According to (8), we know that \(\Vert I_{\mu}^{'}(u_{n}) \Vert _{E_{\lambda}^{-1}} \Vert u_{n} \Vert _{\lambda}\rightarrow0\) as \(n\rightarrow\infty\). For any \(\varepsilon>0\), there exists \(n(\varepsilon)\) such that

$$ \bigl\Vert I_{\mu}^{'}(u_{n}) \bigr\Vert _{E_{\lambda}^{-1}} \Vert u_{n} \Vert _{\lambda} \leq \frac{\varepsilon}{ [ 1+ ( 6+ \frac{4C^{2}}{R^{4}} + \frac{10C^{2}}{R^{2}} ) (1+S^{2} \vert \{V< c_{0}\} \vert ^{\frac{4}{N}}) ]^{\frac{1}{2}}}, $$
(15)

for all \(n\geq n(\varepsilon)\). Hence, applying (14) and (15), we know

$$ \begin{aligned} \bigl\vert \bigl\langle I_{\mu}^{'}(u_{n}),u_{n} \xi_{R}\bigr\rangle \bigr\vert \leq \bigl\Vert I_{\mu}^{'}(u_{n}) \bigr\Vert _{E_{\lambda}^{-1}} \Vert u_{n}\xi_{R} \Vert _{\lambda} \leq \varepsilon, \end{aligned} $$
(16)

for all \(R> 2R_{0}\) and \(n\geq n(\varepsilon)\).

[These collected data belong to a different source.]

-- ===== src/RoutingDaemon/Started.antt =====
-- The promise of `start` in src/electron/routing_service.ts.
use pepper_vpn_client.Common.{
  String, Bool, List, [], ◌∷◌, true, false, none, some, ◌≡◌, ◌&&◌, ◌||◌, ◌⊎◌, not, refl, arith,
}
use pepper_vpn_client.RoutingDaemon.{
  StartPromise, not_started, connecting, configuring, refused, configured, removed, pending,
  fulfilled, RoutingDaemon, new_routing_daemon, cleanup, start, connected, initial_error_handler,
  socket_error, socket_closed, first_data, data_handler, receive, write_reset, stop,
  set_on_network_change, Event, starts, connects, fails, closes, stops, receives, listens, event,
  run,
}

abbrev is_pending : StartPromise → Bool
is_pending pending = true
is_pending _ = false

abbrev is_fulfilled : StartPromise → Bool
is_fulfilled fulfilled = true
is_fulfilled _ = false

abbrev is_sound : RoutingDaemon → Bool
is_sound d = elim d.listeners [
  | not_started ↦ not d.socket && is_pending d.start_promise
  | connecting ↦ d.socket && is_pending d.start_promise
  | configuring ↦ d.socket && is_pending d.start_promise
  | refused ↦ d.socket && not (is_fulfilled d.start_promise)
  | configured ↦ d.socket && is_fulfilled d.start_promise
  | removed ↦ not d.socket && (not (is_fulfilled d.start_promise) || d.disconnected)
]

event-is_sound : (e : Event) (d : RoutingDaemon) → is_sound d ≡ true → is_sound (event e d) ≡ true
unfolding event start connected socket_error socket_closed stop receive set_on_network_change
    cleanup initial_error_handler first_data data_handler write_reset
event-is_sound starts d h = ground arith
event-is_sound connects d h = ground arith
event-is_sound fails d h = ground arith
event-is_sound closes d h = ground arith
event-is_sound stops d h = ground arith
event-is_sound (receives none) d h = ground arith
event-is_sound (receives (some m)) d h = ground arith
event-is_sound (listens b) d h = ground arith

pub run-is_sound :
    (es : List Event) (d : RoutingDaemon) → is_sound d ≡ true → is_sound (run es d) ≡ true
unfolding run
run-is_sound [] d h = h
run-is_sound (e ∷ es) d h = run-is_sound es (event e d) (event-is_sound e d h)

fulfilled_from :
    (d : RoutingDaemon)
    → is_sound d ≡ true
    → d.start_promise ≡ fulfilled
    → ((d.listeners ≡ configured) × (d.socket ≡ true))
      ⊎ ((d.listeners ≡ removed) × (d.disconnected ≡ true))
fulfilled_from d h e = ground arith

-- Whatever happened to a new daemon, once its `start` is fulfilled the socket is set and listens for
-- messages, or `onceDisconnected` is fulfilled and nothing listens any more.
pub fulfilled_is_connected :
    (address : String) (auto : Bool) (es : List Event)
    → (run es (new_routing_daemon address auto)).start_promise ≡ fulfilled
    → (((run es (new_routing_daemon address auto)).listeners ≡ configured)
        × ((run es (new_routing_daemon address auto)).socket ≡ true))
      ⊎ (((run es (new_routing_daemon address auto)).listeners ≡ removed)
          × ((run es (new_routing_daemon address auto)).disconnected ≡ true))
fulfilled_is_connected address auto es =
    let new = new_routing_daemon address auto in
    fulfilled_from (run es new) (run-is_sound es new refl)

event_removed :
    (e : Event) (d : RoutingDaemon)
    → d.listeners ≡ removed
    → ((event e d).listeners ≡ removed) × ((event e d).start_promise ≡ d.start_promise)
unfolding event start connected socket_error socket_closed stop receive set_on_network_change
    write_reset
event_removed starts d h = ground arith
event_removed connects d h = ground arith
event_removed fails d h = ground arith
event_removed closes d h = ground arith
event_removed stops d h = ground arith
event_removed (receives m) d h = ground arith
event_removed (listens b) d h = ground arith

run_removed :
    (es : List Event) (d : RoutingDaemon)
    → d.listeners ≡ removed
    → (run es d).start_promise ≡ d.start_promise
unfolding run
run_removed [] d h = refl
run_removed (e ∷ es) d h =
    let (still, same) = event_removed e d h in let rest = run_removed es (event e d) still in cc

closed_from :
    (d : RoutingDaemon)
    → is_sound d ≡ true
    → d.listeners ≡ configuring
    → ((socket_closed d).listeners ≡ removed)
      × ((socket_closed d).start_promise ≡ pending)
      × ((socket_error d).listeners ≡ removed)
      × ((socket_error d).start_promise ≡ pending)
unfolding socket_closed socket_error cleanup
closed_from d h e = ground arith

-- When the socket is closed or fails after it was connected and before its first message, `start` is
-- never settled, whatever happens later.
pub start_hangs :
    (address : String) (auto : Bool) (es later : List Event)
    → (run es (new_routing_daemon address auto)).listeners ≡ configuring
    → ((run later (socket_closed (run es (new_routing_daemon address auto)))).start_promise
        ≡ pending)
      × ((run later (socket_error (run es (new_routing_daemon address auto)))).start_promise
          ≡ pending)
start_hangs address auto es later h =
    let new = new_routing_daemon address auto in
    let d = run es new in
    let (closed, waits, failed, waits_too) = closed_from d (run-is_sound es new refl) h in
    let a = run_removed later (socket_closed d) closed in
    let b = run_removed later (socket_error d) failed in (cc, cc)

(ii) Choosing \(R>2R_{0}\), by the result of (i), \(\langle I^{'}_{\mu}(u_{n}),u_{n}\xi_{R}\rangle=o(1)\), that is,

$$\begin{aligned} o(1) ={}& \int_{\mathbb{R}^{N}} \bigl( \vert \Delta u_{n} \vert ^{2} + \lambda V(x)u_{n}^{2} + \vert \nabla u_{n} \vert ^{2}\bigr)\xi_{R} \,\mathrm{d}x + \int_{\mathbb{R}^{N}} u_{n} \nabla u_{n}\nabla \xi_{R} \,\mathrm{d}x \\ &{}+ \int_{\mathbb{R}^{N}} u_{n} \Delta u_{n}\Delta \xi_{R} \,\mathrm{d}x + 2 \int_{\mathbb{R}^{N}} \Delta u_{n} \nabla u_{n} \nabla\xi_{R} \,\mathrm{d}x \\ &{}- \int_{\mathbb{R}^{N}} \alpha(x)f(u_{n})u_{n} \xi_{R} \,\mathrm{d}x - \mu \int_{\mathbb{R}^{N}} K(x) \vert u_{n} \vert ^{q} \xi_{R} \,\mathrm{d}x. \end{aligned}$$
(17)

Firstly, we estimate the fifth term in (17)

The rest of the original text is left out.